◆ EXERCISE GOAL ◆
Look through the lines below, find those with the word "gets", and copy them.

───

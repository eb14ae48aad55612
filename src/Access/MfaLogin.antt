-- ===== src/Access/MfaLogin.antt =====
-- Api/src/modules/auth/mfa-login.service.ts: the second factor of a login, which turns a challenge
-- into a session.
pub mod Safety
use vaultchain_fintech_dashb.Prelude.{
  ℕ, Bool, true, false, not, ◌&&◌, Option, none, some, List, raise, raise_if, gets, modify, pure,
  ◌==◌, if◌then◌else◌, ◌>>=◌, ◌>>◌,
}
use vaultchain_fintech_dashb.Prelude.Text.{Text}
use vaultchain_fintech_dashb.Auth.Session.{SessionResult, issue_session}
use vaultchain_fintech_dashb.Access.Store.{
  AccessEnv, AccessDb, Handler, call_auth, wrong_challenge, challenge_consumed, send_alert,
  audit_row, mfa_verify, invalid_code,
}
use vaultchain_fintech_dashb.Challenge.Mfa.{
  OpenChallenge, consume, register_failed_attempt, fingerprint,
}
use vaultchain_fintech_dashb.Access.Devices.{DeviceContext, issue}
use vaultchain_fintech_dashb.Challenge.Reset.{ResetMethod, backup_code, totp}
use vaultchain_fintech_dashb.Access.Factor.{check_totp}
use vaultchain_fintech_dashb.Access.BackupCodes.{verify_code}

pub record MfaLoginResult : Type 0 where
  pub session : SessionResult
  pub remember_device : Option Text

unfoldable pub assert_login_challenge : AccessEnv → OpenChallenge → Handler (Unit {0})
assert_login_challenge env challenge =
    raise_if (not (challenge.purpose == env.auth.login_purpose)) wrong_challenge

-- `reject`: the attempt is counted, audited and refused.
unfoldable pub reject :
    AccessEnv → OpenChallenge → DeviceContext → ResetMethod → Handler MfaLoginResult
reject env challenge ctx method = do
  modify (λ db. record db {
    auth = record db.auth {
      challenges =
          register_failed_attempt env.auth.now challenge.id challenge.max_attempts
            db.auth.challenges;
    };
  })
  audit_row (some challenge.user_id) (mfa_verify method) none false
      (fingerprint env.auth.crypto ctx.ip)
  raise invalid_code

unfoldable pub consume_challenge : AccessEnv → OpenChallenge → Handler Bool
consume_challenge env challenge = do
  won ← gets (λ db. consume env.auth.now challenge.id challenge.max_attempts db.auth.challenges)
  modify (λ db. record db { auth = record db.auth { challenges = won.1 } })
  pure won.0

unfoldable pub issue_session_for_user : AccessEnv → ℕ → Handler SessionResult
issue_session_for_user env user = call_auth (issue_session env.auth user env.auth.session_id)

-- The device's token, where the client asks for it and the feature is on.
abbrev pub remember : AccessEnv → Bool → ℕ → DeviceContext → Handler (Option Text)
remember env false user ctx = pure none
remember env true user ctx = do
  device ← issue env user ctx
  send_alert env.alerts_work user
  pure (some device.token)

unfoldable pub complete :
    AccessEnv → OpenChallenge → Bool → DeviceContext → ResetMethod → Handler MfaLoginResult
complete env challenge remember_device ctx method = do
  won ← consume_challenge env challenge
  raise_if (not won) challenge_consumed
  session ← issue_session_for_user env challenge.user_id
  device ← remember env (remember_device && env.auth.remember_device_enabled) challenge.user_id ctx
  audit_row (some challenge.user_id) (mfa_verify method) none true
      (fingerprint env.auth.crypto ctx.ip)
  pure (record { session = session; remember_device = device })

unfoldable pub verify_totp :
    AccessEnv
    → (AccessDb → AccessDb)
    → OpenChallenge
    → Text
    → Bool
    → DeviceContext
    → Handler MfaLoginResult
verify_totp env others challenge code remember_device ctx = do
  assert_login_challenge env challenge
  accepted ← check_totp env others challenge.user_id code
  if accepted
      then complete env challenge remember_device ctx totp
      else reject env challenge ctx totp

unfoldable pub verify_backup_code :
    AccessEnv → OpenChallenge → Text → DeviceContext → Handler MfaLoginResult
verify_backup_code env challenge code ctx = do
  assert_login_challenge env challenge
  accepted ← verify_code env.auth.crypto env.auth.now challenge.user_id code
  if accepted
      then complete env challenge false ctx backup_code
      else reject env challenge ctx backup_code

───

◆ ANSWER BOX ◆
  ℕ, Bool, true, false, not, ◌&&◌, Option, none, some, List, raise, raise_if, gets, modify, pure,
  won ← gets (λ db. consume env.auth.now challenge.id challenge.max_attempts db.auth.challenges)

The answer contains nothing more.